More specifically, given the systematic encoding of both Manner and Path in (satellite-framed) English, it was expected that the speakers of this language would take more time to make their (P- vs. M-congruency) decisions, as opposed to French, who were expected to focus mostly on Path-congruency and thus take less time to decide which component is most important to them. Despite the general tendency in the similarity judgments to select P-congruency over Manner-congruency across groups (in line with previous observations by Ji, Reference Ji2017) and a significant task effect (categorization-type factor), such that participants took longer to respond in the verbal task than in the non-verbal task, no language effect was found in the time spent from stimulus onset until categorization. However, depending on the specific Manner or Path information involved in the stimuli, participants spent more or less time processing incoming information before making their categorical choices, but again they did not differ in this respect across language groups. Specific item type analyses revealed that RTs were longer with items involving instruments and one-boundary crossing, as opposed to simple no instrument, default for humans, displacements (running/jumping or walking), and double-boundary crossing, respectively.
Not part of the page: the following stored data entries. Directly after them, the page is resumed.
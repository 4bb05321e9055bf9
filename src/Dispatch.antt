-- ===== src/Dispatch.antt =====
-- `dispatch` and `wake_idle` of src/peer_chat.py: one bounded operation of the worker at a time. A
-- call that leaves the process (the socket write, `codex queue`) is an argument with its result, and
-- splits the operation into transactions, between which other writers may run.
pub mod Claim
pub mod Waking
pub mod Tick
use Prim.Native.String.{◌++◌ as text_append}
use peer_chat.Base.{
  ℕ, String, Bool, true, false, not, ◌&&◌, ◌||◌, Option, none, some, List, [], ◌∷◌, map, any, find,
  if◌then◌else◌, ◌==◌, leb, length, is_some,
}
use peer_chat.Base.Int.{ℤ, pos}
use peer_chat.Base.Json.{
  Value, null, int, real, str, obj, Fields, end, field, lookup, member, truthy, is_text, insert,
}
use peer_chat.Store.{
  Store, Message, Status, Outgoing, OutStatus, get, put, update_meta, update_messages, pending,
  set_status, is_message, is_status, has_key,
}
use peer_chat.Budget.{available, spend}
use peer_chat.Wake.Events.{record_wake, notice_text}
use peer_chat.Peers.{Host, all_peers}

-- The end of a call of `codex queue`: success or an exit code, each with the id that the output
-- names, or the name of an error.
pub data QueueResult : Type 0 where
  accepted : Option String → QueueResult
  refused : String → Option String → QueueResult
  call_error : String → QueueResult

-- The end of a socket write: done, an error with its name and text, or an error that `dispatch` does not
-- catch, such as one of SQLite while the hops are read.
pub data WriteResult : Type 0 where
  wrote : WriteResult
  write_error : String → WriteResult
  write_crash : WriteResult

abbrev pub is_pending_out : Outgoing → Bool
is_pending_out o = elim o.status [ OutStatus.pending ↦ true | _ ↦ false ]

-- `ORDER BY created LIMIT 1` over the pending rows: the earliest, and of two at one time the first.
unfoldable pub next_out : List Outgoing → Option Outgoing
next_out [] = none
next_out (o ∷ os) = elim (next_out os) [
  | none ↦ if is_pending_out o then some o else none
  | some later ↦ if is_pending_out o && leb o.created later.created then some o else some later
]

abbrev pub set_out : String → OutStatus → Option String → Outgoing → Outgoing
set_out id status detail o =
    if o.id == id
    then record o { status = status; detail = elim detail [ none ↦ o.detail | some d ↦ d ] }
    else o

-- The two updates around a socket write; where it crashes, there is no second one.
unfoldable pub begin_write : String → Store → Store
begin_write id s = record s { outgoing = map (set_out id OutStatus.writing none) s.outgoing }

unfoldable pub end_write : String → WriteResult → Store → Store
end_write id wrote s = record s {
  outgoing =
      map
        (set_out id OutStatus.written (some "Socket write completed; awaiting peer receipt/reply"))
        s.outgoing;
}
end_write id (write_error text) s = record s {
  outgoing = map (set_out id OutStatus.uncertain (some text)) s.outgoing;
}
end_write id write_crash s = s

-- `row["peer"] or config.get("peer", {}).get("identity")`
abbrev pub route_of : Value → Outgoing → Value
route_of config o =
    let legacy = member (member config "peer") "identity" in
    elim o.peer [ none ↦ legacy | some p ↦ if p == "" then legacy else str p ]

-- The hops of the message that an outgoing row replies to.
abbrev pub reply_hops : Store → Value → Outgoing → List String
reply_hops s route o = elim (get s (text_append "reply_to:" o.id) null) [
  | str reply ↦ (elim route [
    | str peer ↦ (elim (find (λ m. is_message m && has_key peer reply m) s.messages) [
      | none ↦ []
      | some m ↦ m.hops
    ])
    | _ ↦ []
  ])
  | _ ↦ []
]

module _ (host : Host) (config : Value) where
  abbrev pub is_enrolled_key : String → Bool
  is_enrolled_key peer = is_some (lookup peer (all_peers host config))

  -- What keeps a row from being forwarded, as the queue mode says it.
  abbrev pub queue_refusal : Message → Option String
  queue_refusal m =
      if not (is_enrolled_key m.peer)
      then some "Message belongs to a previously enrolled peer"
      else if leb 8 (length m.hops)
      then some "Hop limit reached; available through read"
      else none

  -- The same for an idle wake.
  abbrev pub wake_refusal : Message → Option String
  wake_refusal m =
      if not (is_enrolled_key m.peer)
      then some "Peer no longer enrolled"
      else if leb 8 (length m.hops)
      then some "Hop limit reached"
      else none

abbrev pub is_claimable : Message → Message → Bool
is_claimable row m = has_key row.peer row.id m && is_status Status.received m

-- `UPDATE messages SET status='forwarding'`, which keeps the detail and starts no trigger.
abbrev pub forward : Message → Message → Message
forward row m = if is_claimable row m then record m { status = Status.forwarding } else m

-- The claim and the debit are one transaction: a row that was read meanwhile is not claimed.
unfoldable pub claim_queue : Message → Store → Bool × Store
claim_queue row s =
    if not (is_text (get s "delivery" null) "queue")
      || not (available (get s "remaining" (int (pos 0))))
    then (false, s)
    else if any (is_claimable row) s.messages
    then (
      true,
      update_meta "remaining" (spend (get s "remaining" null))
          (record s { messages = map (forward row) s.messages }),
    )
    else (false, s)

-- What the queue call makes of a claimed row.
unfoldable pub end_queue : Message → QueueResult → ℕ → Store → Store
end_queue row (accepted id) now s =
    set_status row.peer row.id Status.queued
      (elim id [ none ↦ "CLI acknowledged; consumption unconfirmed" | some i ↦ i ]) now s
end_queue row (refused code id) now s =
    set_status row.peer row.id Status.queue_failed (text_append "Codex queue exited " code) now s
end_queue row (call_error name) now s =
    set_status row.peer row.id Status.queue_uncertain (text_append name "; no automatic retry") now
      s

-- A row that `wake_idle` may not wake for, where it is still received.
abbrev pub hold_row : Message → String → ℕ → Store → Store
hold_row m reason now s =
    update_messages (λ r. has_key m.peer m.id r && (is_message r && is_status Status.received r))
      Status.held reason now s

abbrev pub marker_of : Message → ℕ → Value
marker_of m now =
    obj (field "id" (str m.id) (field "status" (str "writing") (field "at" (real now) end)))

abbrev pub wakes_left : Store → Value
wakes_left s = get s "wake_remaining" (get s "remaining" (int (pos 0)))

-- `wake_idle` goes on only here.
abbrev pub may_wake : Store → Bool
may_wake s =
    is_text (get s "phase" null) "idle"
    && (available (get s "remaining" (int (pos 0)))
        && (available (wakes_left s) && not (truthy (get s "wake_pending" null))))

abbrev pub spend_wake : Value → Message → ℕ → Store → Store
spend_wake wakes m now s =
    put "wake_remaining" (spend wakes) (put "wake_pending" (marker_of m now) s)

-- The marker after the queue call.
abbrev pub with_queue_id : Option String → Fields → Fields
with_queue_id none d = d
with_queue_id (some id) d = insert "queue_id" (str id) d

unfoldable pub end_marker : Value → QueueResult → Value
end_marker (obj d) (accepted id) = obj (with_queue_id id (insert "status" (str "queued") d))
end_marker (obj d) (refused code id) = obj (with_queue_id id (insert "status" (str "failed") d))
end_marker (obj d) (call_error name) = obj (insert "status" (str "uncertain") d)
end_marker v result = v

-- The clock at the transactions of one tick, and what the calls outside return.
pub record World : Type 0 where
  pub write : WriteResult
  pub queue : QueueResult
  pub claimed_at : ℕ
  pub noted_at : ℕ
  pub ended_at : ℕ

module _ (host : Host) (config : Value) where
  -- The loop over the candidates, which holds those before the first that may wake.
  unfoldable pub scan : ℕ → List Message → Store → Option Message × Store
  scan now [] s = (none, s)
  scan now (m ∷ ms) s = elim (wake_refusal host config m) [
    | none ↦ (some m, s)
    | some reason ↦ scan now ms (hold_row m reason now s)
  ]

  -- The transaction of `wake_idle`: at most one message is claimed, and one wake is paid.
  unfoldable pub claim_wake : ℕ → Store → Option Message × Store
  claim_wake now s =
      let (row, held) = scan now (pending s) s in
      if may_wake s
      then (row, (elim row [ none ↦ held | some m ↦ spend_wake (wakes_left s) m now held ]))
      else (none, s)

  abbrev pub end_wake : World → Message → Store → Store
  end_wake w m s =
      let marker = marker_of m w.claimed_at in
      let noted = (record_wake marker w.noted_at s).1 in
      (record_wake (end_marker marker w.queue) w.ended_at noted).1

  -- `wake_idle`
  unfoldable pub wake_idle : World → Store → Store
  wake_idle w s =
      let (row, claimed) = claim_wake w.claimed_at s in
      elim row [ none ↦ claimed | some m ↦ end_wake w m claimed ]

  abbrev pub forward_row : World → Message → Store → Store
  forward_row w m s = elim (queue_refusal host config m) [
    | some reason ↦ set_status m.peer m.id Status.held reason w.claimed_at s
    | none ↦
        let (claimed, s') = claim_queue m s in
        if claimed then end_queue m w.queue w.ended_at s' else s'
  ]

  abbrev pub forward_first : World → List Message → Store → Store
  forward_first w [] s = s
  forward_first w (m ∷ ms) s = forward_row w m s

  -- The part of `dispatch` after the outgoing rows.
  unfoldable pub dispatch_inbox : World → Store → Store
  dispatch_inbox w s =
      if is_text (get s "phase" null) "interrupted"
      then s
      else if is_text (get s "delivery" null) "auto"
      then wake_idle w s
      else if not (is_text (get s "delivery" (str "inbox")) "queue")
          || not (available (get s "remaining" (int (pos 0))))
      then s
      else forward_first w (pending s) s

  -- `dispatch`
  unfoldable pub dispatch : World → Store → Store
  dispatch w s = elim (next_out s.outgoing) [
    | some o ↦ end_write o.id w.write (begin_write o.id s)
    | none ↦ dispatch_inbox w s
  ]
The analysis of the eye-fixations during similarity judgments showed that motion components attracted the visual attention of participants to different degrees and that the number of fixations to specific AoI depended not only on the type of the task (verbal/non-verbal) but also on their language background. Overall participants fixated Path more frequently than Manner variants in the non-verbal task, but not in the verbal one, during which English participants fixated more the Manner-congruent variants than the Path-congruent ones, and this is significantly more than the French viewers. With respect to the global categorization-type factor, the analysis showed a significant interaction between categorization and AoI types on the number of fixations in that there were significantly more Manner and more Path fixations in the verbal task, as opposed to the non-verbal one, suggesting the difficulty the viewers had in this task to make a choice. Further analysis on specific item types showed no significant Manner-type effect either within or across tasks, but a significant effect of Path type in the non-verbal categorization task as well as across tasks. More specifically, Path fixations were more frequent with vertical (up, down) and one-boundary-crossing (into, out-of) events, while Manner fixations were more frequent with default (along) and double-boundary-crossing events, in both tasks. However, further tests exploring how different groups allocated their attention with different event types in the targets revealed no significant language effects.
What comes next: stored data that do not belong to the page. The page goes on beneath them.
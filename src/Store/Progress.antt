-- ===== src/Store/Progress.antt =====
-- How the rows of the table `messages` may change under the writers of src/peer_chat.py.
use mathlib.Core.Logic.{◌≢◌}
use peer_chat.Base.{
  ℕ, String, ◌≡◌, refl, ◌⊎◌, inl, inr, Bool, true, false, not, ◌&&◌, ◌||◌, Option, none, some, List,
  [], ◌∷◌, ◌++◌, map, arith, if◌then◌else◌, select, any, Bool-cases,
}
use peer_chat.Base.Json.{Value}
use peer_chat.Store.{
  Store, Status, Message, Frame, is_message, is_receipt, has_key, set_row, new_message,
  update_messages, accept, accept_message, accept_receipt, new_receipt, same_body, store_notice,
  clear_consumed_wake, recover_rows, set_status, ack_one, ack_peer, read, same_status,
}

-- The row of the primary key (peer, id, 'message').
abbrev pub row : String → String → List Message → Option Message
row peer id [] = none
row peer id (m ∷ ms) =
    let rest = row peer id ms in if is_message m && has_key peer id m then some m else rest

abbrev pub Advances : Status → Status → Type 0
Advances a b = (a ≡ b) ⊎ ((a ≢ Status.consumed) × (b ≢ Status.received))

pub record Follows (m m' : Message) : Type 0 where
  pub body : m.body ≡ m'.body
  pub mode : m.sender_mode ≡ m'.sender_mode
  pub hops : m.hops ≡ m'.hops
  pub created : m.created ≡ m'.created
  pub status : Advances m.status m'.status

abbrev pub RowFollows : Option Message → Option Message → Type 0
RowFollows none r = Unit
RowFollows (some m) none = ⊥
RowFollows (some m) (some m') = Follows m m'

pub record Progress (s s' : Store) : Type 0 where
  pub at : (peer id : String) → RowFollows (row peer id s.messages) (row peer id s'.messages)

Advances-trans : (a b c : Status) → Advances a b → Advances b c → Advances a c
Advances-trans a b c h k = ground arith

Follows-refl : (m : Message) → Follows m m
Follows-refl m = record { body = refl; mode = refl; hops = refl; created = refl; status = inl refl }

RowFollows-refl : (r : Option Message) → RowFollows r r
RowFollows-refl none = tt
RowFollows-refl (some m) = Follows-refl m

RowFollows-trans : (a b c : Option Message) → RowFollows a b → RowFollows b c → RowFollows a c
RowFollows-trans none b c h k = tt
RowFollows-trans (some a) none c h k = absurd h
RowFollows-trans (some a) (some b) none h k = k
RowFollows-trans (some a) (some b) (some c) h k = record {
  body = cc;
  mode = cc;
  hops = cc;
  created = cc;
  status = Advances-trans a.status b.status c.status h.status k.status;
}

pub Progress-refl : (s : Store) → Progress s s
Progress-refl s = record { at = λ p i. RowFollows-refl (row p i s.messages) }

pub Progress-trans : {s t u : Store} → Progress s t → Progress t u → Progress s u
Progress-trans {s} {t} {u} h k = record {
  at = λ p i.
      RowFollows-trans (row p i s.messages) (row p i t.messages) (row p i u.messages) (h.at p i)
        (k.at p i);
}

-- A writer of the other tables.
pub same-Progress : {s s' : Store} → s.messages ≡ s'.messages → Progress s s'
same-Progress {s} {s'} e = record { at = λ p i. rw e (RowFollows-refl (row p i s'.messages)) }

module _ (test : Message → Bool) (status : Status) (detail : String) where
  set_row-Follows :
      (m : Message)
      → (test m ≡ true → Advances m.status status)
      → Follows m (set_row test status detail m)
  set_row-Follows m ok = elim (Bool-cases (test m)) [
    | inl e ↦ rw e (record { body = refl; mode = refl; hops = refl; created = refl; status = ok e })
    | inr e ↦ rw e (Follows-refl m)
  ]

  set_row_same_key :
      (peer id : String) (m : Message)
      → (is_message (set_row test status detail m)
          && has_key peer id (set_row test status detail m))
        ≡ (is_message m && has_key peer id m)
  set_row_same_key peer id m = elim (Bool-cases (test m)) [ inl e ↦ rw e | inr e ↦ rw e ]

  map-RowFollows :
      (peer id : String) (ms : List Message)
      → ((m : Message) → test m ≡ true → Advances m.status status)
      → RowFollows (row peer id ms) (row peer id (map (set_row test status detail) ms))
  map-RowFollows peer id [] ok = tt
  map-RowFollows peer id (m ∷ ms) ok =
      rw (set_row_same_key peer id m) (elim (Bool-cases (is_message m && has_key peer id m)) [
        | inl e ↦ rw e (set_row-Follows m (ok m))
        | inr e ↦ rw e (map-RowFollows peer id ms ok)
      ])

  pub update-Progress :
      (now : ℕ) (s : Store)
      → ((m : Message) → test m ≡ true → Advances m.status status)
      → Progress s (update_messages test status detail now s)
  unfolding update_messages
  update-Progress now s ok = record { at = λ p i. map-RowFollows p i s.messages ok }

append-RowFollows :
    (peer id : String) (ms : List Message) (m : Message)
    → RowFollows (row peer id ms) (row peer id (ms ++ m ∷ []))
append-RowFollows peer id [] m = tt
append-RowFollows peer id (x ∷ ms) m = elim (Bool-cases (is_message x && has_key peer id x)) [
  | inl e ↦ rw e (Follows-refl x)
  | inr e ↦ rw e (append-RowFollows peer id ms m)
]

-- Dropping receipts drops no message.
row-select :
    (test : Message → Bool) (peer id : String) (ms : List Message)
    → row peer id (select (λ m. not (is_receipt m && test m)) ms) ≡ row peer id ms
row-select test peer id [] = refl
row-select test peer id (m ∷ ms) = ground (arith, row-select test peer id ms)

accept_message-Progress :
    (peer id body mode : String) (hops : List String) (now : ℕ) (s : Store)
    → Progress s (accept_message peer id body mode hops now s).1
unfolding accept_message
accept_message-Progress peer id body mode hops now s =
    elim (Bool-cases (any (λ m. is_message m && has_key peer id m) s.messages)) [
      | inl e ↦ rw e (Progress-refl s)
      | inr e ↦ rw e (record {
        at = λ p i. append-RowFollows p i s.messages (new_message peer id body mode hops now);
      })
    ]

accept_receipt-Progress :
    (peer id body : String) (now : ℕ) (s : Store) → Progress s (accept_receipt peer id body now s).1
unfolding accept_receipt
accept_receipt-Progress peer id body now s =
    elim (Bool-cases
      (any (λ m. (is_receipt m && has_key peer id m) && same_body body m) s.messages)) [
        | inl e ↦ rw e (Progress-refl s)
        | inr e ↦ rw e (record {
          at = λ p i. rw (← row-select (has_key peer id) p i s.messages) (
              append-RowFollows p i
                (select (λ m. not (is_receipt m && has_key peer id m)) s.messages)
                (new_receipt peer id body now));
        })
      ]

store_notice-Progress :
    (peer state warning : String) (remaining : Value) (now : ℕ) (s : Store)
    → Progress s (store_notice peer state warning remaining now s)
unfolding store_notice
store_notice-Progress peer state warning remaining now s = same-Progress refl

pub accept-Progress :
    (peer : String) (f : Frame) (now : ℕ) (s : Store) → Progress s (accept peer f now s).1
unfolding accept
accept-Progress peer (Frame.notice state warning remaining) now s =
    store_notice-Progress peer state warning remaining now s
accept-Progress peer (Frame.receipt id body) now s = accept_receipt-Progress peer id body now s
accept-Progress peer (Frame.message id body mode hops) now s =
    accept_message-Progress peer id body mode hops now s

pub clear_consumed_wake-Progress : (s : Store) → Progress s (clear_consumed_wake s)
unfolding clear_consumed_wake
clear_consumed_wake-Progress s = same-Progress (ground arith)

consumed-Advances : (a : Status) → Advances a Status.consumed
consumed-Advances Status.consumed = inl refl
consumed-Advances _ = inr (λ e. cc, λ e. cc)

guarded-Advances :
    (a b : Status)
    → (not (same_status a Status.consumed) || same_status b Status.consumed) ≡ true
    → b ≢ Status.received
    → Advances a b
guarded-Advances Status.consumed Status.consumed h n = inl refl
guarded-Advances Status.consumed b h n = inl (ground arith)
guarded-Advances _ b h n = inr (λ e. cc, n)

pub same_status-eq : (a b : Status) → same_status a b ≡ true → a ≡ b
same_status-eq Status.received b h = ground arith
same_status-eq _ b h = ground arith

-- A row that a writer selects by a status which is not final.
pub started-Advances :
    (t a b : Status)
    → same_status a t ≡ true
    → t ≢ Status.consumed
    → b ≢ Status.received
    → Advances a b
started-Advances t a b h n k = inr (λ e. n (cc (same_status-eq a t h)), k)

unstarred : (p q r : Bool) → (p && (q && r)) ≡ true → r ≡ true
unstarred p q r h = ground arith

pub set_status-Progress :
    (peer id : String) (status : Status) (detail : String) (now : ℕ) (s : Store)
    → status ≢ Status.received
    → Progress s (set_status peer id status detail now s)
unfolding set_status
set_status-Progress peer id status detail now s h =
    update-Progress _ status _ now s
      λ m e. guarded-Advances m.status status (unstarred (has_key peer id m) (is_message m) _ e) h

-- An acknowledgement of any rows, and the wake that it may clear.
ack-Progress :
    (test : Message → Bool) (detail : String) (now : ℕ) (s : Store)
    → Progress s (clear_consumed_wake (update_messages test Status.consumed detail now s))
ack-Progress test detail now s =
    Progress-trans
      (update-Progress test Status.consumed detail now s (λ m e. consumed-Advances m.status))
      (clear_consumed_wake-Progress _)

pub ack_one-Progress : (peer id : String) (now : ℕ) (s : Store) → Progress s (ack_one peer id now s)
unfolding ack_one
ack_one-Progress peer id now s = ack-Progress _ _ now s

pub ack_peer-Progress : (peer : String) (now : ℕ) (s : Store) → Progress s (ack_peer peer now s)
unfolding ack_peer
ack_peer-Progress peer now s = ack-Progress _ _ now s

pub read-Progress : (ack : Bool) (now : ℕ) (s : Store) → Progress s (read ack now s).1
unfolding read
read-Progress true now s = ack-Progress _ _ now s
read-Progress false now s = Progress-refl s

pub recover_rows-Progress : (now : ℕ) (s : Store) → Progress s (recover_rows now s)
unfolding recover_rows
recover_rows-Progress now s =
    Progress-trans
      (update-Progress _ Status.queue_uncertain _ now s
        (λ m e. started-Advances Status.forwarding m.status _ e (λ x. cc) (λ x. cc)))
      (same-Progress refl)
With respect to fixation lengths, the durations of the fixations were found to vary significantly depending on the variant involved, both within and across tasks. More specifically, in both tasks, fixations were overall longer for Path-congruent areas than for Manner-congruent areas, especially for the French viewers who spent more time exploring the two video variants, but also remained mainly focused on the P-congruent ones across tasks.
Finally, the gazeplots revealed once again a ‘ballistic’ way of processing visual information by French viewers as opposed to the more linear pattern of English viewers, who tended to follow the figure’s progression step by step. This observation most probably relates to the linguistic properties of the two languages and their implications not only for the expression of spatio-temporal boundaries but also for the visual attention patterns the viewers adopt, more generally. For example, the ballistic eye exploration of French viewers could be explained in part by the optionality of Manner in this language. That is, French participants had to decide for a given motion event whether it was Manner of motion worthwhile to be selected or Path. To make their decision, French viewers first inspected the Path (core component/essential for verbal production) but then went back to check the motion again, even when verbal encoding was not expected in the task.
Apart from the differences in lexicalization patterns, the variation in gaze patterns could also stem from the specificities of these two languages in terms of aspectual features (cf. Aske, Reference Aske, Hall, Meacham and Shapiro1989; Demagny, Reference Demagny2015; Riegel et al., Reference Riegel, Pellat and Rioul1999). For example, in English, the systematic encoding of both Manner (in the verb) and Path (in other devices) invites speakers to focus their visual attention on both spatial components. In addition, the existence of a grammaticalized progressive marker in English (but not in French) enables them to express explicitly ongoing events and thus focus on the progressive development of a displacement. As a result, English participants tend to adopt a linear strategy whereby a motion event is viewed as a sequence of successive points. In comparison, French participants typically focused on Paths, especially the median and final parts of Path (systematically lexicalized in verbs when verbal encoding is at play, downplaying Manner or not expressing this component at all), which explains to some extent their use of ballistic exploration strategies even when verbal encoding is not at play.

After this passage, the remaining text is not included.